==== Records for this task ====

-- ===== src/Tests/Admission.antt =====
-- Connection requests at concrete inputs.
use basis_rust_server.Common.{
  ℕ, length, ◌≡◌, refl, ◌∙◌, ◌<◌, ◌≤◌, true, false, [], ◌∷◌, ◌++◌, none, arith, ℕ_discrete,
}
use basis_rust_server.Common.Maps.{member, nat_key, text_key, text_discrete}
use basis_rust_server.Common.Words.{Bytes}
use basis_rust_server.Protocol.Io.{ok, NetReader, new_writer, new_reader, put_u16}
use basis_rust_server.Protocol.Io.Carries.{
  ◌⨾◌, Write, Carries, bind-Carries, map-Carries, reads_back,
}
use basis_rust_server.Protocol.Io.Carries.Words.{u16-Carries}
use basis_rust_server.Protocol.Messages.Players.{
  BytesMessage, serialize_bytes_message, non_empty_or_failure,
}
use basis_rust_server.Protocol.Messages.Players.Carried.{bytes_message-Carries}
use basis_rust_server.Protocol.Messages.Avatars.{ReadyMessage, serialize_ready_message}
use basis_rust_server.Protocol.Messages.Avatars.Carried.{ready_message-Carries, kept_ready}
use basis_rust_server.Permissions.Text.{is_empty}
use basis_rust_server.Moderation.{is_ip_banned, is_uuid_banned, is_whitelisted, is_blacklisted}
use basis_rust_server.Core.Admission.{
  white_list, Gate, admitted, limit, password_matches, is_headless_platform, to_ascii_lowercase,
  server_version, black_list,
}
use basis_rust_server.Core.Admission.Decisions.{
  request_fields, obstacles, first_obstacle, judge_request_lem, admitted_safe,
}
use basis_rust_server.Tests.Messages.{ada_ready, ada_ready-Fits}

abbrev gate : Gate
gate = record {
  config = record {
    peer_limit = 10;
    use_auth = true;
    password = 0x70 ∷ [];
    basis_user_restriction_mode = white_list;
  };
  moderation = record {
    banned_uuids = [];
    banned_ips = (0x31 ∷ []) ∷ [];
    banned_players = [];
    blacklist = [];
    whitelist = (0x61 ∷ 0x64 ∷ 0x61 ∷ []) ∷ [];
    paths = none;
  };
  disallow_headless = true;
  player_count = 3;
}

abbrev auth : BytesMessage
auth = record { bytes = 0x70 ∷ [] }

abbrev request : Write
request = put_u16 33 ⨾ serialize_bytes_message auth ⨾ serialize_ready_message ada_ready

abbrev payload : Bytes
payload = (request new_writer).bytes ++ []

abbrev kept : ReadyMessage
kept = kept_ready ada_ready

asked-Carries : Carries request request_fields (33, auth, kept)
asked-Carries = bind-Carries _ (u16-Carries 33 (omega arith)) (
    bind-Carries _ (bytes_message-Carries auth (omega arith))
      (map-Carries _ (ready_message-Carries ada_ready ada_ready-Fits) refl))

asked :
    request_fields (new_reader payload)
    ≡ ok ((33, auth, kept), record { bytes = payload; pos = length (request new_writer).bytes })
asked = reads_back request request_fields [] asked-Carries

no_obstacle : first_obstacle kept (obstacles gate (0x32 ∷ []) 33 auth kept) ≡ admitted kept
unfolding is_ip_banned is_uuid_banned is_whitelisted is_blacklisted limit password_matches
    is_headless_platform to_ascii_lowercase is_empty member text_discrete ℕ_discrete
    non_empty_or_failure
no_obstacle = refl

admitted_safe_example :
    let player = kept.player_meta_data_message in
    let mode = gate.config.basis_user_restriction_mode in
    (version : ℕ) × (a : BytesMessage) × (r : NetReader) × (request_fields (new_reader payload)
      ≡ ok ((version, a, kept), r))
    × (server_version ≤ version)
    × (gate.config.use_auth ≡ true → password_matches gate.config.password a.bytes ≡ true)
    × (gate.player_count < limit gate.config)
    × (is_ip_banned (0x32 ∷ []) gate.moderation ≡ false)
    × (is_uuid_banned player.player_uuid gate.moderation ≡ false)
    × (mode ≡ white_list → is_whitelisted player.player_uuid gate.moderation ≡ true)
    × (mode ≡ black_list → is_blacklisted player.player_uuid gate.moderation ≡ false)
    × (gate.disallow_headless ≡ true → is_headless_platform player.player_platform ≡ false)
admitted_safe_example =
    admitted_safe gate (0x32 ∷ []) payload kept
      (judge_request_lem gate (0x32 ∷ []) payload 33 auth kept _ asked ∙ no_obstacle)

====
==== Records for this task ====

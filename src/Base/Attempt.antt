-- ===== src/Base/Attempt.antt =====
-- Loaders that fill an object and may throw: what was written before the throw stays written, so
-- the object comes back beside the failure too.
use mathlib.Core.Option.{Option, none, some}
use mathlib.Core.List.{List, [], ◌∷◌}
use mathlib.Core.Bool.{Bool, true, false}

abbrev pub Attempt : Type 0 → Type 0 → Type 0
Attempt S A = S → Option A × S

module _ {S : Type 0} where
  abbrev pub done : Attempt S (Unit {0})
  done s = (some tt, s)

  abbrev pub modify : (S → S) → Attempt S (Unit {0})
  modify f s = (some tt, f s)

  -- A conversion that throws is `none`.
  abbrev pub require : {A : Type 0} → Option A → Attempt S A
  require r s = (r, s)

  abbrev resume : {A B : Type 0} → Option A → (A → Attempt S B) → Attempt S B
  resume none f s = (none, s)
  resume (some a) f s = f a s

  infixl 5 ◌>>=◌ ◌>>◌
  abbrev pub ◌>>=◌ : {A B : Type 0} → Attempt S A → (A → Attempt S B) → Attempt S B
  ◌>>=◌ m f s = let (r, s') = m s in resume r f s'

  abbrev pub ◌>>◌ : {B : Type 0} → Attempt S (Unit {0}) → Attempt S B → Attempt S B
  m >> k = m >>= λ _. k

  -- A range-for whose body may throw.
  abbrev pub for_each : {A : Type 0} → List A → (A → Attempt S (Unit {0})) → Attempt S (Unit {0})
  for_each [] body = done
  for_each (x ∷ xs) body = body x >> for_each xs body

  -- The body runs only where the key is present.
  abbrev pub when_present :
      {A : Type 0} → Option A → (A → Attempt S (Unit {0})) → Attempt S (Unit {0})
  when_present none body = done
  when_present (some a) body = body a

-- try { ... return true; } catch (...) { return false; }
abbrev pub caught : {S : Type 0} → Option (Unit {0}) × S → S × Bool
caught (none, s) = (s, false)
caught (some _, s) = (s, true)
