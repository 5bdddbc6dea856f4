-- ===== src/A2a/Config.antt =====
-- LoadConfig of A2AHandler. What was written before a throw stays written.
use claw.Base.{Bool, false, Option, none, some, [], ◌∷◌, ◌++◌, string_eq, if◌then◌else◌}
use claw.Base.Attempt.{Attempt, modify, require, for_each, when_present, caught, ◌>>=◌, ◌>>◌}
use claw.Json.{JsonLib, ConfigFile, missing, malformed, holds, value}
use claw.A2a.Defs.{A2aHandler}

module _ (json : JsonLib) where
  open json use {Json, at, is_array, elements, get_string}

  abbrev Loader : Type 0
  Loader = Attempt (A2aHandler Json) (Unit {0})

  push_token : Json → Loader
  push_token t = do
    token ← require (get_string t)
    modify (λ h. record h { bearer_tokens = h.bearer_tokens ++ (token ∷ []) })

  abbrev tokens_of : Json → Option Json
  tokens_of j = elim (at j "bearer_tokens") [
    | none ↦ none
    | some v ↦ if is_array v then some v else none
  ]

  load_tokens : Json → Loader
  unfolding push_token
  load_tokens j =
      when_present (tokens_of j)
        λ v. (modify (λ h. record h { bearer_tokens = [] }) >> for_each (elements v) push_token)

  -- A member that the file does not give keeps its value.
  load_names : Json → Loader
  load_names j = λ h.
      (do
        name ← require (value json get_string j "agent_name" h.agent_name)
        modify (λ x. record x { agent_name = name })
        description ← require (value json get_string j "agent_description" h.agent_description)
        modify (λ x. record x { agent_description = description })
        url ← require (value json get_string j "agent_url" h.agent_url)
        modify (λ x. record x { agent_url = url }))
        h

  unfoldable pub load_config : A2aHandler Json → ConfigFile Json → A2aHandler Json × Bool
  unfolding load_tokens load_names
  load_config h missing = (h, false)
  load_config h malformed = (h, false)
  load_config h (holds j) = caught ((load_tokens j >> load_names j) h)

====
==== Records for this task ====

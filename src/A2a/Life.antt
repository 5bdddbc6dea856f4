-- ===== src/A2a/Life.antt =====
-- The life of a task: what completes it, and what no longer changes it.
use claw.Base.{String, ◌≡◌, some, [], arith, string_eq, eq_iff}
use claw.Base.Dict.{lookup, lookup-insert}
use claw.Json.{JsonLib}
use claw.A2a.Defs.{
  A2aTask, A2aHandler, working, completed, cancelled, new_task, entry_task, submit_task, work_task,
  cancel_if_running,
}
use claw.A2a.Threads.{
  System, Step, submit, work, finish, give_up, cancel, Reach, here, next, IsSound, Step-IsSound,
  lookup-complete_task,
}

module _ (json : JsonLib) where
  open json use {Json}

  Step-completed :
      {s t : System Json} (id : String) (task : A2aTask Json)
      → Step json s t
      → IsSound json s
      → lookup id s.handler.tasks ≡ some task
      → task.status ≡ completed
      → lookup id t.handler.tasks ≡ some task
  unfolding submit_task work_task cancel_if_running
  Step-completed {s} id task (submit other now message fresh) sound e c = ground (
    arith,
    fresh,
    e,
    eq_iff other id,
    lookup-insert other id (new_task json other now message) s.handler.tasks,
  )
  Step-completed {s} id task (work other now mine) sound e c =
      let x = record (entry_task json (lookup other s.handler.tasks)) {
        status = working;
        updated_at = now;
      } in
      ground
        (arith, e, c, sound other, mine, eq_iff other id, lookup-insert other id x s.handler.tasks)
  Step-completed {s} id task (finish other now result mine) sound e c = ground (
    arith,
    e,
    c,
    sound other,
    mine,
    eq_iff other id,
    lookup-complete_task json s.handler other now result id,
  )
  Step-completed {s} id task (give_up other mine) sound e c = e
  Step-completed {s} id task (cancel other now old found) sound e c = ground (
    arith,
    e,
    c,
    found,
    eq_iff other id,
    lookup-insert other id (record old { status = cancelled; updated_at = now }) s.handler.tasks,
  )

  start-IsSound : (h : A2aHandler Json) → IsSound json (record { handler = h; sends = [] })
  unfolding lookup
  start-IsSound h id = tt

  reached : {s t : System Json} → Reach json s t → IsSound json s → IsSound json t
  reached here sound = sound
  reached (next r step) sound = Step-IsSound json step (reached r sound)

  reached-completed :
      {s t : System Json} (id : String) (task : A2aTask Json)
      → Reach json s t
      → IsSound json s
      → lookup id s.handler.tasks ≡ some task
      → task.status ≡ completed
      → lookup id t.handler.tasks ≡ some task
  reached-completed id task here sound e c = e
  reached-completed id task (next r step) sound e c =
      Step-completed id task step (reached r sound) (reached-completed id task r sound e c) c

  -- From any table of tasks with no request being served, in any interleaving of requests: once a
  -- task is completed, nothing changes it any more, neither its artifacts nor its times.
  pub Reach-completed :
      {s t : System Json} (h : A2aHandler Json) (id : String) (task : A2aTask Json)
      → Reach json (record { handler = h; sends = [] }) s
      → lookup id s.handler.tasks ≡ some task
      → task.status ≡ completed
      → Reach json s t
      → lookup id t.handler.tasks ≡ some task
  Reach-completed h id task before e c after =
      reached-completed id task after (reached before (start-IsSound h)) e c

====

§ Aim of the exercise
In the records above, count the lines holding the word "antt"; give only that number.

§ Reply
6